START Given data
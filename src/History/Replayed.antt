-- ===== src/History/Replayed.antt =====
-- Revert records replayed, and strokes staged before they are recorded
-- (domain/file/storage/storage.rs).
use thaum_painter.Base.{
  Bool, false, none, some, List, [], ◌∷◌, map, ◌≡◌, refl, sym, ◌∙◌, arith, ◌∈◌, Option-cases,
  Bool-cases, inl, inr,
}
use thaum_painter.Base.Text.{Text, codes, text_Eq, text_eq_iff}
use thaum_painter.Base.Map.{get, insert}
use thaum_painter.Cell.{CellPoint, Renderer, point_Eq}
use thaum_painter.Document.{
  SharedDocumentRuntime as Runtime, find_layer, property_track, write_tiled, set_blocks, key_Eq,
  ensure_block_canvas_coverage,
}
use thaum_painter.Document.Coverage.{or_empty, has_bar, has_blank, get-ensure_block_canvas_coverage}
use thaum_painter.Document.Tracks.{property_track-coverage}
use thaum_painter.History.{
  SharedCellPatch, inverse, revert_patch_set, AppliedCellPatches, HistoryRevertPatches,
  HistoryRuntime, stack, with_stack, push, canvas_at,
}
use thaum_painter.History.Patches.{PatchDirection}
use thaum_painter.History.Apply.{
  apply_action_record, apply_action, apply_patch_set, move_reverted, take_out, push_history_record,
}
use thaum_painter.History.Painted.{
  patch_target, unblank_raster_block, unblank_blocks, span_of, paint,
}
use thaum_painter.History.Undo.{undo_top_action, stage_canvas_patches}
use thaum_painter.History.Canvases.{apply_patches-inverse, rewritten_cell}
use thaum_painter.History.Stacks.{canvas_at-repaint, canvas_at-paint, undo_known}

pub take_out-push :
    (id : Text) (ids : List Text) → ¬ (id ∈ ids) → take_out id (push id ids) ≡ some ids
unfolding take_out
take_out-push id [] h = ground (arith, text_eq_iff id id)
take_out-push id (x ∷ xs) h =
    ground (arith, text_eq_iff x id, h, take_out-push id xs (λ m. h (inr m)))

module _ {R : Renderer} {Value : Type 0} where
  -- Whether a blank bar of the raster track has an id.
  unfoldable pub blank_bar : Runtime R Value → Text → Text → Bool
  blank_bar document l b = elim (property_track document l (codes "raster")) [
    | none ↦ false
    | some track ↦ has_blank b track.blocks
  ]

  canvas_or_empty :
      (d : Runtime R Value) (l b : Text)
      → or_empty (get (l, codes "raster", b) d.block_canvases) ≡ canvas_at d l b
  unfolding canvas_at
  canvas_or_empty d l b = elim (Option-cases (get (l, codes "raster", b) d.block_canvases)) [
    | inl n ↦ rw (canvas_at, n) refl
    | inr n ↦ rw (canvas_at, n.1) refl
  ]

  canvas_at-coverage :
      (d : Runtime R Value) (l b : Text)
      → blank_bar (ensure_block_canvas_coverage d l) l b ≡ false
      → canvas_at (ensure_block_canvas_coverage d l) l b ≡ canvas_at d l b
  unfolding blank_bar canvas_at ensure_block_canvas_coverage
  canvas_at-coverage d l b h =
      let e = property_track-coverage d l l (codes "raster") in
      elim (Option-cases (property_track d l (codes "raster"))) [
        | inl n ↦ rw (ensure_block_canvas_coverage, n) refl
        | inr n ↦
            let no_blank : has_blank b (n.0).blocks ≡ false = rw (blank_bar, e, n.1) at h in
            let g = get-ensure_block_canvas_coverage d l b n.0 n.1 in
            elim (Bool-cases (has_bar b (n.0).blocks)) [
              | inl t ↦ rw (canvas_at, g, no_blank, t) (canvas_or_empty d l b)
              | inr t ↦ rw (canvas_at, g, no_blank, t) refl
            ]
      ]

  canvas_at-unblank :
      (d : Runtime R Value) (l b : Text)
      → blank_bar (unblank_raster_block d l b) l b ≡ false
      → canvas_at (unblank_raster_block d l b) l b ≡ canvas_at d l b
  unfolding unblank_raster_block canvas_at write_tiled set_blocks
  canvas_at-unblank d l b h = elim (Option-cases (property_track d l (codes "raster"))) [
    | inl n ↦
        rw (unblank_raster_block, n) (canvas_at-coverage d l b (rw (unblank_raster_block, n) at h))
    | inr n ↦
        let written : Runtime R Value =
          write_tiled d l (codes "raster") (unblank_blocks b (n.0).blocks)
            (span_of (find_layer d l)).0 (span_of (find_layer d l)).1 in
        rw (unblank_raster_block, n.1)
          (canvas_at-coverage written l b (rw (unblank_raster_block, n.1) at h))
  ]

  -- Staging a stroke that is then recorded leaves every cell of its canvas as the record alone does,
  -- where the bar is not blank when the record is applied.
  pub paint-stage_canvas_patches :
      (r : HistoryRuntime R Value) (l b : Text) (patch : SharedCellPatch)
      (patches : List SharedCellPatch) (q : CellPoint)
      → let staged = stage_canvas_patches r l b (patch ∷ patches) in
        blank_bar (unblank_raster_block staged.document l b) l b ≡ false
        → get q (canvas_at (paint staged l b (patch ∷ patches)).document l b)
          ≡ get q (canvas_at (paint r l b (patch ∷ patches)).document l b)
  unfolding stage_canvas_patches
  paint-stage_canvas_patches r l b patch patches q h =
      let ps = patch ∷ patches in
      let staged : Runtime R Value = (paint r l b ps).document in
      rw
        (
          canvas_at-paint (paint r l b ps) l b ps,
          canvas_at-unblank staged l b h,
          canvas_at-paint r l b ps,
        )
        (rewritten_cell PatchDirection.after q ps
          (canvas_at (unblank_raster_block r.document l b) l b))

  replayed_revert :
      (r : HistoryRuntime R Value) (l b id : Text) (patch : SharedCellPatch)
      (patches : List SharedCellPatch) (action_id document_id user_id created_at : Text)
      → let entry =
          revert_patch_set action_id document_id l user_id created_at
            (patch ∷ patches)
            (some b)
            id in
        apply_action_record r entry
        ≡ push_history_record (move_reverted (paint r l b (patch ∷ patches)) l id) entry
  unfolding apply_action_record apply_action apply_patch_set patch_target revert_patch_set
  replayed_revert r l b id patch patches action_id document_id user_id created_at = refl

  -- What a replay of a revert record does to the stacks and to the canvas of its bar.
  reverted_undo :
      (r : HistoryRuntime R Value) (l b id : Text) (ids : List Text)
      (patches : List SharedCellPatch)
      → get l r.applied_action_ids_by_layer ≡ some (push id ids)
      → ¬ (id ∈ ids)
      → move_reverted (paint r l b patches) l id ≡ record (paint r l b patches) {
        applied_action_ids_by_layer = insert l ids r.applied_action_ids_by_layer;
        undone_action_ids_by_layer = with_stack l (push id) r.undone_action_ids_by_layer;
      }
  unfolding move_reverted stack paint
  reverted_undo r l b id ids patches h fresh =
      rw (move_reverted, stack, h, take_out-push id ids fresh) refl

  -- An undo, and the replay of the revert record made of what it returns, agree on the canvas of the
  -- bar, on both stacks and on the recorded patches, where the undone id stands in its stack once and
  -- the bar is not blank when the record is applied.
  pub apply_action_record-undo_top_action :
      (r : HistoryRuntime R Value) (l b id : Text) (ids : List Text) (patch : SharedCellPatch)
      (patches : List SharedCellPatch) (revert : HistoryRevertPatches)
      (action_id document_id user_id created_at : Text)
      → get l r.applied_action_ids_by_layer ≡ some (push id ids)
      → ¬ (id ∈ ids)
      → get id r.patches_by_action_id
        ≡ some (record { layer_id = l; block_id = b; patches = patch ∷ patches })
      → blank_bar (unblank_raster_block r.document l b) l b ≡ false
      → (undo_top_action r l).1 ≡ some revert
      → let live = (undo_top_action r l).0 in
        let replayed = apply_action_record r (
          revert_patch_set action_id document_id l user_id created_at revert.patches
            (some revert.block_id)
            revert.action_id) in
        (canvas_at replayed.document l b ≡ canvas_at live.document l b)
        × (replayed.applied_action_ids_by_layer ≡ live.applied_action_ids_by_layer)
        × (replayed.undone_action_ids_by_layer ≡ live.undone_action_ids_by_layer)
        × (replayed.patches_by_action_id ≡ live.patches_by_action_id)
  unfolding push_history_record paint
  apply_action_record-undo_top_action r l b id ids patch patches revert action_id document_id
        user_id created_at h fresh known open_bar returned =
      let applied : AppliedCellPatches = record {
        layer_id = l;
        block_id = b;
        patches = patch ∷ patches;
      } in
      let undone = undo_known r l id ids applied h known in
      let same : revert
          ≡ record { block_id = b; patches = map inverse (patch ∷ patches); action_id = id } =
        ground (arith, rw undone at returned) in
      rw
        (
          same,
          undone,
          replayed_revert r l b id (inverse patch) (map inverse patches) action_id document_id
              user_id created_at,
          reverted_undo r l b id ids (map inverse (patch ∷ patches)) h fresh,
        )
        (
          canvas_at-paint r l b (map inverse (patch ∷ patches))
              ∙ rw (canvas_at-unblank r.document l b open_bar)
                  (apply_patches-inverse (patch ∷ patches) (canvas_at r.document l b))
              ∙ sym (canvas_at-repaint r.document applied PatchDirection.before),
          refl,
          refl,
          refl,
        )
END Given data
Work instruction
Where does the string "none" occur in the listing above? Return every line that contains it.

Response below
  Bool, false, none, some, List, [], ◌∷◌, map, ◌≡◌, refl, sym, ◌∙◌, arith, ◌∈◌, Option-cases,
    | none ↦ false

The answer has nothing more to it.